(Collected data)
═══

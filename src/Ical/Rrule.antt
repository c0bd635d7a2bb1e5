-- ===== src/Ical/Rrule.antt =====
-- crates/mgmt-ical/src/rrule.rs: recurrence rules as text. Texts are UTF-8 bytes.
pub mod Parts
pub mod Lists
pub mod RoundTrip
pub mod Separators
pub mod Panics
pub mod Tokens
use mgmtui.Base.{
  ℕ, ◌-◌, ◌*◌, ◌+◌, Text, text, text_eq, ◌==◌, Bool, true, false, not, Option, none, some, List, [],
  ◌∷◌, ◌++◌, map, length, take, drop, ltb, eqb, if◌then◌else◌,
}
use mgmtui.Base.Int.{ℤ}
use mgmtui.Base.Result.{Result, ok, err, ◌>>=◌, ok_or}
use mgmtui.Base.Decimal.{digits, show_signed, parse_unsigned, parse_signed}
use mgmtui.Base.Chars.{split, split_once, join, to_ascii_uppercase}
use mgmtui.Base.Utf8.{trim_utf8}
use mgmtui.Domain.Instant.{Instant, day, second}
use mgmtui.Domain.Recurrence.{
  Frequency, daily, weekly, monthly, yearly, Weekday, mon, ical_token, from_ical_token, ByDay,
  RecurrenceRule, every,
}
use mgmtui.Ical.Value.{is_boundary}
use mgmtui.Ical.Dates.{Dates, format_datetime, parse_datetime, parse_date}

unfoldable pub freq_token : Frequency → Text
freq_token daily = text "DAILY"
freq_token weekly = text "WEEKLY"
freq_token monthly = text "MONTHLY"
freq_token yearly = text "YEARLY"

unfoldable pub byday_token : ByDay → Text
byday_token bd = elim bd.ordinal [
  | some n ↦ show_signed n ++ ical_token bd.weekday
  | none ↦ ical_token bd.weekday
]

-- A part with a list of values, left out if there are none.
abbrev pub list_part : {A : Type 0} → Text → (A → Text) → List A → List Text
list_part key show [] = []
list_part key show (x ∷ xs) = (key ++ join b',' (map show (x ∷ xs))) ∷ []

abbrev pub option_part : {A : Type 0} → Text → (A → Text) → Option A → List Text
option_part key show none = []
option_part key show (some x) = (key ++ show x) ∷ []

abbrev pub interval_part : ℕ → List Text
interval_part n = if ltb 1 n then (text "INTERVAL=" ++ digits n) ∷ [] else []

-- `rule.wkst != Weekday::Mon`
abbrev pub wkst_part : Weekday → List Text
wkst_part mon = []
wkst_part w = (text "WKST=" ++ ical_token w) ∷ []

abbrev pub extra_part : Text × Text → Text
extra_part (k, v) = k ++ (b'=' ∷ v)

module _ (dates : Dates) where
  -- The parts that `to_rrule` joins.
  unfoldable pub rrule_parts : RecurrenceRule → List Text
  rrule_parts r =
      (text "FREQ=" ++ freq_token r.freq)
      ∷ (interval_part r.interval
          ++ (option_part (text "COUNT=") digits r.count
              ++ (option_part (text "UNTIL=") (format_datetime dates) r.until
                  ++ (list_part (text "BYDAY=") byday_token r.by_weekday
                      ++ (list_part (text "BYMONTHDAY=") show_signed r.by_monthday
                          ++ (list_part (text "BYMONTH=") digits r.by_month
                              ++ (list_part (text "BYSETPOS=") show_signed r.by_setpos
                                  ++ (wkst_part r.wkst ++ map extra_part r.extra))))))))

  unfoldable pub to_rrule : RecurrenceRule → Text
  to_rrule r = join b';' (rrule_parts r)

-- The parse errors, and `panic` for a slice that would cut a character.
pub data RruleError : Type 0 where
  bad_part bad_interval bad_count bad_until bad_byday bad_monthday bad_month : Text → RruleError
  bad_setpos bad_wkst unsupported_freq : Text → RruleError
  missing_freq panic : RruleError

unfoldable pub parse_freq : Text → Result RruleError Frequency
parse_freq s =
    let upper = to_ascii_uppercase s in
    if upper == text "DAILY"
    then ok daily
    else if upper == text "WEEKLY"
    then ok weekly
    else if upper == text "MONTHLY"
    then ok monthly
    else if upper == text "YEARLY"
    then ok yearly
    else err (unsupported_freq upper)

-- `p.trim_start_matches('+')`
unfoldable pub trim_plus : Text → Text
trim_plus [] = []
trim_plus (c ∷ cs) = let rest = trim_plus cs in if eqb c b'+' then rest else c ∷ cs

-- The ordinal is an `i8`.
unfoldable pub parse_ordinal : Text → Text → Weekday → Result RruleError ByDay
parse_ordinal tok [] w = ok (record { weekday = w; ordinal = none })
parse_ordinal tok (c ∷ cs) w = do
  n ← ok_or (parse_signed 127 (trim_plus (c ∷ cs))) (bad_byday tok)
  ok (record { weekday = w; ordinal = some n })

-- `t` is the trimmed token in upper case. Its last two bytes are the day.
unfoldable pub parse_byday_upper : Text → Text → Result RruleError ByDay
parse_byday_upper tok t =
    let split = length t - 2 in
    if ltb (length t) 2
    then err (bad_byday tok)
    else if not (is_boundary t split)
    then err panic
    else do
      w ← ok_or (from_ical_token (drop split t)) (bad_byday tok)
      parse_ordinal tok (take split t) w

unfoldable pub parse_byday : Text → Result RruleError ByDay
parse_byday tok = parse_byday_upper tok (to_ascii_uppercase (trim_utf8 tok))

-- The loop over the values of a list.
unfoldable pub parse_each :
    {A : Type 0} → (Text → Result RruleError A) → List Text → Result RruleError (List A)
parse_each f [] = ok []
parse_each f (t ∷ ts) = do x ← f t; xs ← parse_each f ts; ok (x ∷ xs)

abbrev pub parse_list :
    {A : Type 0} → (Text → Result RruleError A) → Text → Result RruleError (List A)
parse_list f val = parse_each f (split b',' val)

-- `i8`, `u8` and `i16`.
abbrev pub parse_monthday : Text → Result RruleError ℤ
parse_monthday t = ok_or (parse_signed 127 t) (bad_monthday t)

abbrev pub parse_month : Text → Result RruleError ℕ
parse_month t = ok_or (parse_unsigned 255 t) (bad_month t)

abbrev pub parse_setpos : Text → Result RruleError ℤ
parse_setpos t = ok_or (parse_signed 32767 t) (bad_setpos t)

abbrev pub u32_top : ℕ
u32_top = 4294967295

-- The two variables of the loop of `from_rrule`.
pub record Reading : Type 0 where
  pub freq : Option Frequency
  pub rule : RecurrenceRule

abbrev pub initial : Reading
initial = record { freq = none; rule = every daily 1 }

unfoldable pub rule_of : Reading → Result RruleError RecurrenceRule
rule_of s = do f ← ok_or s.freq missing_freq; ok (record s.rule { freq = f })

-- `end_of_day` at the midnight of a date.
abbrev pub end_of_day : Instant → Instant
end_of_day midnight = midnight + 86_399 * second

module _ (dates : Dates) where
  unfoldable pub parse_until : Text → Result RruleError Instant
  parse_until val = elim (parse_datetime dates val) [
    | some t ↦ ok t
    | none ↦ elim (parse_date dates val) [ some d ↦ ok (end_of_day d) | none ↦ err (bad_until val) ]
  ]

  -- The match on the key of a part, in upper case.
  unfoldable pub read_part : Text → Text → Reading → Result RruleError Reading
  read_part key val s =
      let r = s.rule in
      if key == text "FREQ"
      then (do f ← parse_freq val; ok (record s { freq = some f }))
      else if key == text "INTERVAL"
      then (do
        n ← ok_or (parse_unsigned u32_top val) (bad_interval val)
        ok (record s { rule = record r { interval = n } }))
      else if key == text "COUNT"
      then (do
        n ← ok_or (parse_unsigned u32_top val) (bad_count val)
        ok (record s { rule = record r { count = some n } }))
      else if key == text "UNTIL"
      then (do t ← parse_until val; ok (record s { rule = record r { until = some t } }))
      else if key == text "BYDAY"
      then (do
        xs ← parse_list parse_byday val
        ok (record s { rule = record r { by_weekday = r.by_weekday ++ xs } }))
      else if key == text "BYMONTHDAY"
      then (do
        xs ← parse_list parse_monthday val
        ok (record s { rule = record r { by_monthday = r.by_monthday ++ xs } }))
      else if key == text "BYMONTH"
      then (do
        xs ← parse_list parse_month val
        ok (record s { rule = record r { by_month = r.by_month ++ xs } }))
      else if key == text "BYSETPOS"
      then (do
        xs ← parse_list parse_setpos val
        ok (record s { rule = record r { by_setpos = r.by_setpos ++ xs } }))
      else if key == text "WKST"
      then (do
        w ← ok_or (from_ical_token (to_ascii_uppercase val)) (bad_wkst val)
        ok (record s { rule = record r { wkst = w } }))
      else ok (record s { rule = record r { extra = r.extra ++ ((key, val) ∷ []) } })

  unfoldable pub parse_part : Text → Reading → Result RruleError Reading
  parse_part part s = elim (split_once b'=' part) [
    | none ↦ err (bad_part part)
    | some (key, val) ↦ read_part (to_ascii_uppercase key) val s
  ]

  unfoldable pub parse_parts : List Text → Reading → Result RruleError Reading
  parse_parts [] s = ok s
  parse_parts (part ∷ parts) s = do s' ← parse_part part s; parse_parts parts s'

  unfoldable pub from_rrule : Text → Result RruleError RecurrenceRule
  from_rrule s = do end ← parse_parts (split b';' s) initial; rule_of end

═══

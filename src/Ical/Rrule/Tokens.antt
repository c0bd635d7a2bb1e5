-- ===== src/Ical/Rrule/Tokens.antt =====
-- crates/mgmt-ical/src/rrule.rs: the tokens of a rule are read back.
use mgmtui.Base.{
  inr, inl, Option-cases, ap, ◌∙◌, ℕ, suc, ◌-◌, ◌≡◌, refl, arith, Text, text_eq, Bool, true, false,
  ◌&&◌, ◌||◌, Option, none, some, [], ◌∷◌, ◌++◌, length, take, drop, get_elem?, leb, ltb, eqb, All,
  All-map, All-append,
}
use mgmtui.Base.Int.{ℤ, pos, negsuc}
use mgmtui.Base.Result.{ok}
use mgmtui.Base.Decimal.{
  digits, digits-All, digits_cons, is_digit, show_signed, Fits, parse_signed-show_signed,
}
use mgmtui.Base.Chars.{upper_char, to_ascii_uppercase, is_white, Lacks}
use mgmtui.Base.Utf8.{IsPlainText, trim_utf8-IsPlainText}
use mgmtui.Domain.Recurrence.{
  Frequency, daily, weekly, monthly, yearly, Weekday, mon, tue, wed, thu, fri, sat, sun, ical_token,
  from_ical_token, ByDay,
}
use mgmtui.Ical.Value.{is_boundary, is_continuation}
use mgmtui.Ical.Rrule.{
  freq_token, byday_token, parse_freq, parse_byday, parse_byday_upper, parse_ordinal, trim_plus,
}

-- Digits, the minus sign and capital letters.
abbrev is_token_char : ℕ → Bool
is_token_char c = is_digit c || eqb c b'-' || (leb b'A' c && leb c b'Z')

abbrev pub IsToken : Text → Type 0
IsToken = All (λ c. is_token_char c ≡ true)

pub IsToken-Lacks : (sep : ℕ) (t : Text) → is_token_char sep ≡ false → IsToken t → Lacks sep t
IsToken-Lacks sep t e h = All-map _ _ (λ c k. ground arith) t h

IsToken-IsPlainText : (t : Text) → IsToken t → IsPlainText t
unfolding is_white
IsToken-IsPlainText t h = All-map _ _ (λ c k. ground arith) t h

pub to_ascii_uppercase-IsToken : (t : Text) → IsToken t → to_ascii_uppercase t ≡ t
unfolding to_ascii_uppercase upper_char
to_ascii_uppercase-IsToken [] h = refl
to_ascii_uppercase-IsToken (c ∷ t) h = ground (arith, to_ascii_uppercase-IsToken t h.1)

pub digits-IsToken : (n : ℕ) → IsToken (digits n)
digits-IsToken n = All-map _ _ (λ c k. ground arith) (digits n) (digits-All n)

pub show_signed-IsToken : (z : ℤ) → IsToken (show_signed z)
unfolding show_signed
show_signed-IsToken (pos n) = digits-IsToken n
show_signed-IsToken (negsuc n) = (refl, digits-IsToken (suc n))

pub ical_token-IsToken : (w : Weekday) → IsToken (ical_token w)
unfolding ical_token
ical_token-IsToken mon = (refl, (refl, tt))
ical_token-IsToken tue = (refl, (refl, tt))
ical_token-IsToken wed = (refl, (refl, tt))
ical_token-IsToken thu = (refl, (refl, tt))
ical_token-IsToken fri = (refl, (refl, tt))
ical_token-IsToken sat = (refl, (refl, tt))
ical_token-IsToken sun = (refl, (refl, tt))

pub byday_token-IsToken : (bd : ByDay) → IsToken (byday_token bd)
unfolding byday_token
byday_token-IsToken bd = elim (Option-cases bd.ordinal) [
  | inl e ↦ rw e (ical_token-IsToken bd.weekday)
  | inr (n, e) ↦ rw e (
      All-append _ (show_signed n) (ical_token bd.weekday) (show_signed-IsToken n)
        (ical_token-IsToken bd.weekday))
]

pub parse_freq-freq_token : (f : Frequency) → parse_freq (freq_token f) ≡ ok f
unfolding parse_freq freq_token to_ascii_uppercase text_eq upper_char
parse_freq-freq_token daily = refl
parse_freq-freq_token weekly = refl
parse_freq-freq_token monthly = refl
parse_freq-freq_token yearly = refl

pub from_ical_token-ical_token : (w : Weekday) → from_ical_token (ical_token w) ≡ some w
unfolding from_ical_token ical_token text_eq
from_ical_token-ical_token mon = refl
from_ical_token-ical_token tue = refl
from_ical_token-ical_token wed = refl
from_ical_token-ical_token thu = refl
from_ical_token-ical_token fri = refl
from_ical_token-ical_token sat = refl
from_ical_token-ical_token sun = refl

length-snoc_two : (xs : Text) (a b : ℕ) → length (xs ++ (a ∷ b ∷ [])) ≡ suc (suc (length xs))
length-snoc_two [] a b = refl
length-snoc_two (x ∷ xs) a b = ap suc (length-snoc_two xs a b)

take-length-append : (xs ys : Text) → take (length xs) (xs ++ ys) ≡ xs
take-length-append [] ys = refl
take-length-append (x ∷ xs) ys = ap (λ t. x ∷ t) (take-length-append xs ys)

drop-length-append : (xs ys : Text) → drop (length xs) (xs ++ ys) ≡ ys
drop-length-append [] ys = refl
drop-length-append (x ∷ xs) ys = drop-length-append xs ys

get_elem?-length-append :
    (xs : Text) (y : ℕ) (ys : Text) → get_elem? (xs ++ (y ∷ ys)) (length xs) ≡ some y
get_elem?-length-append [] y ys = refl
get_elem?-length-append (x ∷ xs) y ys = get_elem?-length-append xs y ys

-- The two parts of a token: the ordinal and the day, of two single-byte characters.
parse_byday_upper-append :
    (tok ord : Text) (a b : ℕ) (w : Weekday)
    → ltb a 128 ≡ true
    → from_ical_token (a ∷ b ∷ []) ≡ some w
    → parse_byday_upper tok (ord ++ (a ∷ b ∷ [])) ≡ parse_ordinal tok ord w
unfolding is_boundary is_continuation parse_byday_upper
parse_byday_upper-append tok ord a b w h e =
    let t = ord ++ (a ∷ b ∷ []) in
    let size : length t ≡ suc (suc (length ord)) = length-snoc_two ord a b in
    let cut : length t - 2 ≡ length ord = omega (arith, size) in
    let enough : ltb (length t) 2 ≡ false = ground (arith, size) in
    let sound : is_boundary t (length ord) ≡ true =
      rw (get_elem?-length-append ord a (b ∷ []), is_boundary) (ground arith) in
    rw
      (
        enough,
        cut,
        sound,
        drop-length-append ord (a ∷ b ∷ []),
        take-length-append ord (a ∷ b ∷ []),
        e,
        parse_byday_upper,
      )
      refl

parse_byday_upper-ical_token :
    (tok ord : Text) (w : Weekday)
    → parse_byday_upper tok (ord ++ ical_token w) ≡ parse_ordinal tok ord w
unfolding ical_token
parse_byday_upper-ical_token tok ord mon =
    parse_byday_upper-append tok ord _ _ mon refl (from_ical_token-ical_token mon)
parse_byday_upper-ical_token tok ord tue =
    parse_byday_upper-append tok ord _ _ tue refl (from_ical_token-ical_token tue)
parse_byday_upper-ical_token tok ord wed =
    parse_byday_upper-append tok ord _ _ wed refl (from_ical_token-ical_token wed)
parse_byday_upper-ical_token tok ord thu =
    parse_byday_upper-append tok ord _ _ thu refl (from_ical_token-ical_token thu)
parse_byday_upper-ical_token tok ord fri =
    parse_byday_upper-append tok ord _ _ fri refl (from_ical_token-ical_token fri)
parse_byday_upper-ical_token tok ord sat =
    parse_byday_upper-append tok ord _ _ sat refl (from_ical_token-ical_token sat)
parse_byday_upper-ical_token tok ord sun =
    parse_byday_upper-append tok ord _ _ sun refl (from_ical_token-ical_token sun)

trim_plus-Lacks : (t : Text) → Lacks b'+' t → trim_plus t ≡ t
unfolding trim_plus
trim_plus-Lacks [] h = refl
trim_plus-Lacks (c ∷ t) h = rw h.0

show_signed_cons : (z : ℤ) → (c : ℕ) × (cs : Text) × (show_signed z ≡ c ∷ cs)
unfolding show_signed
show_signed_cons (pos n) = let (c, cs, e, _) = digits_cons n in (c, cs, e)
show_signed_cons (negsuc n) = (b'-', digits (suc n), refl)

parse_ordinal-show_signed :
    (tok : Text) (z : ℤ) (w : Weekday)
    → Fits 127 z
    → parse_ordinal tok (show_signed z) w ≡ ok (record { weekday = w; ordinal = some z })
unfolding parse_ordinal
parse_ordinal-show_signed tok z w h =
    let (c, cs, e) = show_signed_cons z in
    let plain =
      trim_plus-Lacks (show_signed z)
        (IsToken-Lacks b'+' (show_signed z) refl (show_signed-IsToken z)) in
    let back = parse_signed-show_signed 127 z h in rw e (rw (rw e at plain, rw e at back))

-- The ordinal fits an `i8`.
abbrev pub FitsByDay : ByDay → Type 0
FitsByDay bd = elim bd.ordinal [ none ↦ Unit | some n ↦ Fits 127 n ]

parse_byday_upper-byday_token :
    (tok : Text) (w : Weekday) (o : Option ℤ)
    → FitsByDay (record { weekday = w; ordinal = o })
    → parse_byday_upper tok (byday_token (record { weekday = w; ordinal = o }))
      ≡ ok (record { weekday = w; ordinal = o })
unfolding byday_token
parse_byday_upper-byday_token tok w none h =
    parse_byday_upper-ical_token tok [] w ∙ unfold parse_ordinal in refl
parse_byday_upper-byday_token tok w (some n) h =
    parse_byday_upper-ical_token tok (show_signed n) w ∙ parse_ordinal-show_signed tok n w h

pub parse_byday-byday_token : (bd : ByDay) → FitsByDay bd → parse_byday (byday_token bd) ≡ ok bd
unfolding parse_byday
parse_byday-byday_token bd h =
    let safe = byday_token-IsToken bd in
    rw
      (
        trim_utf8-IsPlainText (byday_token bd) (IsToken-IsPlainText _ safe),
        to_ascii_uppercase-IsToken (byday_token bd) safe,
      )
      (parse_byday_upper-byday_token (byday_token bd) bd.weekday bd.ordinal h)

═══

* ABOUT THIS EXERCISE *
Reproduce exactly the entries above, limited to the lines from the one with "-- The ordinal is" through the one with "ordinal = some n", both included.

* RESPONSE BOX *
-- The ordinal is an `i8`.
unfoldable pub parse_ordinal : Text → Text → Weekday → Result RruleError ByDay
parse_ordinal tok [] w = ok (record { weekday = w; ordinal = none })
parse_ordinal tok (c ∷ cs) w = do
  n ← ok_or (parse_signed 127 (trim_plus (c ∷ cs))) (bad_byday tok)
  ok (record { weekday = w; ordinal = some n })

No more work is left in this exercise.